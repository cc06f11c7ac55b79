-- ===== src/Relay/Applier.antt =====
-- internal/relay/apply.go: what the `Applier` does to the node. A call that fails may still have
-- had its effect: `leaves` of `Call` says whether it had. `commands` has every command that was
-- issued to the host's firewall, sysctl and systemctl, in order.
use singbox_deploy.Common.{
  Text, codes, Bool, not, ◌&&◌, ◌||◌, Option, none, some, List, [], ◌∷◌, ◌++◌, is_empty, trim_space,
  if◌then◌else◌, Result, ok, err,
}
use singbox_deploy.Monitor.Enforce.{Call}
use singbox_deploy.Relay.{
  Landing, Config, ConfigError, forwards_nothing, display_name, validate_config,
}
use singbox_deploy.Relay.Rules.{ResolvedLanding}
use singbox_deploy.Relay.Firewall.{
  Firewall, ufw, firewalld, no_firewall, Command, withdraw_commands, grant_commands,
}

-- The file of the job.
pub data Stored : Type 0 where
  absent unparsable : Stored
  job : Config → Stored

-- The file, the rules of the table in the kernel, the unit file, and the commands.
pub record World : Type 0 where
  pub stored : Stored
  pub rules : Option (List ResolvedLanding)
  pub has_unit : Bool
  pub commands : List Command

-- What the environment of one operation does: the resolver and `To4` of a parsed address, and
-- whether each call succeeds.
pub record Host : Type 0 where
  pub firewall : Firewall
  pub resolve : Text → Option Text
  pub is_ipv4 : Text → Bool
  pub runs : Command → Bool
  pub nft : Call
  pub readable : Bool
  pub save : Call
  pub render : Bool
  pub stat : Bool
  pub write_unit : Call
  pub remove_unit : Call

pub data ApplyError : Type 0 where
  invalid : ConfigError → ApplyError
  unreadable unparsable save_failed : ApplyError
  unresolved : Text → Text → ApplyError
  none_resolved load_failed forwarding_off remove_failed : ApplyError
  rule_failed command_failed : Command → ApplyError
  render_failed write_failed stat_failed unlink_failed : ApplyError

abbrev pub sysctl : Command
sysctl = record { name = codes "sysctl"; args = codes "-w" ∷ codes "net.ipv4.ip_forward=1" ∷ [] }

abbrev pub systemctl : List Text → Command
systemctl args = record { name = codes "systemctl"; args = args }

-- `system.RelayService`
abbrev pub relay_service : Text
relay_service = codes "singbox-deploy-relay.service"

abbrev pub empty_config : Config
empty_config = record { landings = [] }

-- `Load`
unfoldable pub load_job : Host → World → Result ApplyError Config
load_job host w = if not host.readable then err ApplyError.unreadable else elim (w.stored) [
  | absent ↦ ok empty_config
  | unparsable ↦ err ApplyError.unparsable
  | job cfg ↦ ok cfg
]

abbrev store_as : Call → Stored → World → World
store_as call s w = record w { stored = if call.succeeds || call.leaves then s else w.stored }

-- `Save`
unfoldable pub save_job : Host → Config → World → List ApplyError × World
save_job host cfg w =
    if forwards_nothing cfg.landings
    then (
      (if host.save.succeeds then [] else ApplyError.save_failed ∷ []),
      store_as host.save Stored.absent w,
    )
    else elim (validate_config cfg) [
      | some e ↦ (ApplyError.invalid e ∷ [], w)
      | none ↦ (
        (if host.save.succeeds then [] else ApplyError.save_failed ∷ []),
        store_as host.save (Stored.job cfg) w,
      )
    ]

-- The loops over commands: until one fails, and through all of them.
unfoldable pub run_all : Host → List Command → World → Option Command × World
run_all host [] w = (none, w)
run_all host (c ∷ cs) w =
    let after = record w { commands = w.commands ++ c ∷ [] } in
    let rest = run_all host cs after in if host.runs c then rest else (some c, after)

unfoldable pub run_each : List Command → World → World
run_each cmds w = record w { commands = w.commands ++ cmds }

unfoldable pub withdraw_firewall : Host → Config → World → World
withdraw_firewall host previous w = elim (host.firewall) [
  | no_firewall ↦ w
  | ufw ↦
      if forwards_nothing previous.landings then w else run_each (withdraw_commands ufw previous) w
  | firewalld ↦
      if forwards_nothing previous.landings
      then w
      else run_each (withdraw_commands firewalld previous) w
]

unfoldable pub grant_firewall : Host → List ResolvedLanding → World → List ApplyError × World
grant_firewall host resolved w =
    let r = run_all host (grant_commands host.firewall resolved) w in
    elim (host.firewall) [
      | no_firewall ↦ ([], w)
      | _ ↦ elim (r.0) [ none ↦ ([], r.1) | some c ↦ (ApplyError.rule_failed c ∷ [], r.1) ]
    ]

unfoldable pub load_rules : Host → Option (List ResolvedLanding) → World → World
load_rules host rules w = record w {
  rules = if host.nft.succeeds || host.nft.leaves then rules else w.rules;
}

unfoldable pub clear_rules : Host → World → List ApplyError × World
clear_rules host w =
    ((if host.nft.succeeds then [] else ApplyError.remove_failed ∷ []), load_rules host none w)

-- `landingAddress`
unfoldable pub landing_address : Host → Landing → Option Text
landing_address host l = elim (host.resolve l.host) [
  | some ip ↦ some ip
  | none ↦
      if not (is_empty (trim_space l.address)) && host.is_ipv4 (trim_space l.address)
      then some (trim_space l.address)
      else none
]

-- The loop of `install`: the failures and the landing nodes that have an address.
unfoldable pub resolve_landings : Host → List Landing → List ApplyError × List ResolvedLanding
resolve_landings host [] = ([], [])
resolve_landings host (l ∷ ls) =
    let rest = resolve_landings host ls in
    elim (landing_address host l) [
      | none ↦ (ApplyError.unresolved (display_name l) l.host ∷ rest.0, rest.1)
      | some ip ↦ (rest.0, record { landing = l; ip = ip } ∷ rest.1)
    ]

-- The rest of `install`, with the errors of the loop.
unfoldable pub install_resolved :
    Host → List ApplyError → List ResolvedLanding → World → List ApplyError × World
install_resolved host errors resolved w =
    let loaded = load_rules host (some resolved) w in
    let forwarding = run_all host (sysctl ∷ []) loaded in
    let granted = grant_firewall host resolved forwarding.1 in
    if is_empty resolved
    then (errors ++ ApplyError.none_resolved ∷ [], w)
    else if not host.nft.succeeds
    then (errors ++ ApplyError.load_failed ∷ [], loaded)
    else elim (forwarding.0) [
      | some c ↦ (errors ++ ApplyError.forwarding_off ∷ [], forwarding.1)
      | none ↦ (errors ++ granted.0, granted.1)
    ]

unfoldable pub install : Host → Config → World → List ApplyError × World
install host cfg w = let r = resolve_landings host cfg.landings in install_resolved host r.0 r.1 w

abbrev failed : Option Command → List ApplyError
failed none = []
failed (some c) = ApplyError.command_failed c ∷ []

unfoldable pub install_unit : Host → World → List ApplyError × World
install_unit host w =
    let written = record w {
      has_unit = host.write_unit.succeeds || host.write_unit.leaves || w.has_unit;
    } in
    let r =
      run_all host
        (systemctl (codes "daemon-reload" ∷ [])
          ∷ systemctl (codes "enable" ∷ relay_service ∷ [])
          ∷ [])
        written in
    if not host.render
    then (ApplyError.render_failed ∷ [], w)
    else if not host.write_unit.succeeds
    then (ApplyError.write_failed ∷ [], written)
    else (failed r.0, r.1)

-- `removeUnit`; `stat` says whether the file can be looked at.
unfoldable pub remove_unit : Host → World → List ApplyError × World
remove_unit host w =
    let disabled =
      run_all host (systemctl (codes "disable" ∷ codes "--now" ∷ relay_service ∷ []) ∷ []) w in
    let unlinked = record disabled.1 {
      has_unit = not host.remove_unit.succeeds && not host.remove_unit.leaves && w.has_unit;
    } in
    let reloaded = run_all host (systemctl (codes "daemon-reload" ∷ []) ∷ []) unlinked in
    if not host.stat
    then (ApplyError.stat_failed ∷ [], w)
    else if not w.has_unit
    then ([], w)
    else elim (disabled.0) [
      | some c ↦ (ApplyError.command_failed c ∷ [], disabled.1)
      | none ↦
          if not host.remove_unit.succeeds
          then (ApplyError.unlink_failed ∷ [], unlinked)
          else (failed reloaded.0, reloaded.1)
    ]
• • • • •
> [WHAT IS NEEDED] Your answer must consist only of the lines from the start of the records above through the line with "unresolved : Text → Text → ApplyError", each retyped exactly.

> [EXERCISE OUTPUT]
repository cc06f11c7ac55b79
-- ===== src/Relay/Applier.antt =====
-- internal/relay/apply.go: what the `Applier` does to the node. A call that fails may still have
-- had its effect: `leaves` of `Call` says whether it had. `commands` has every command that was
-- issued to the host's firewall, sysctl and systemctl, in order.
use singbox_deploy.Common.{
  Text, codes, Bool, not, ◌&&◌, ◌||◌, Option, none, some, List, [], ◌∷◌, ◌++◌, is_empty, trim_space,
  if◌then◌else◌, Result, ok, err,
}
use singbox_deploy.Monitor.Enforce.{Call}
use singbox_deploy.Relay.{
  Landing, Config, ConfigError, forwards_nothing, display_name, validate_config,
}
use singbox_deploy.Relay.Rules.{ResolvedLanding}
use singbox_deploy.Relay.Firewall.{
  Firewall, ufw, firewalld, no_firewall, Command, withdraw_commands, grant_commands,
}

-- The file of the job.
pub data Stored : Type 0 where
  absent unparsable : Stored
  job : Config → Stored

-- The file, the rules of the table in the kernel, the unit file, and the commands.
pub record World : Type 0 where
  pub stored : Stored
  pub rules : Option (List ResolvedLanding)
  pub has_unit : Bool
  pub commands : List Command

-- What the environment of one operation does: the resolver and `To4` of a parsed address, and
-- whether each call succeeds.
pub record Host : Type 0 where
  pub firewall : Firewall
  pub resolve : Text → Option Text
  pub is_ipv4 : Text → Bool
  pub runs : Command → Bool
  pub nft : Call
  pub readable : Bool
  pub save : Call
  pub render : Bool
  pub stat : Bool
  pub write_unit : Call
  pub remove_unit : Call

pub data ApplyError : Type 0 where
  invalid : ConfigError → ApplyError
  unreadable unparsable save_failed : ApplyError
  unresolved : Text → Text → ApplyError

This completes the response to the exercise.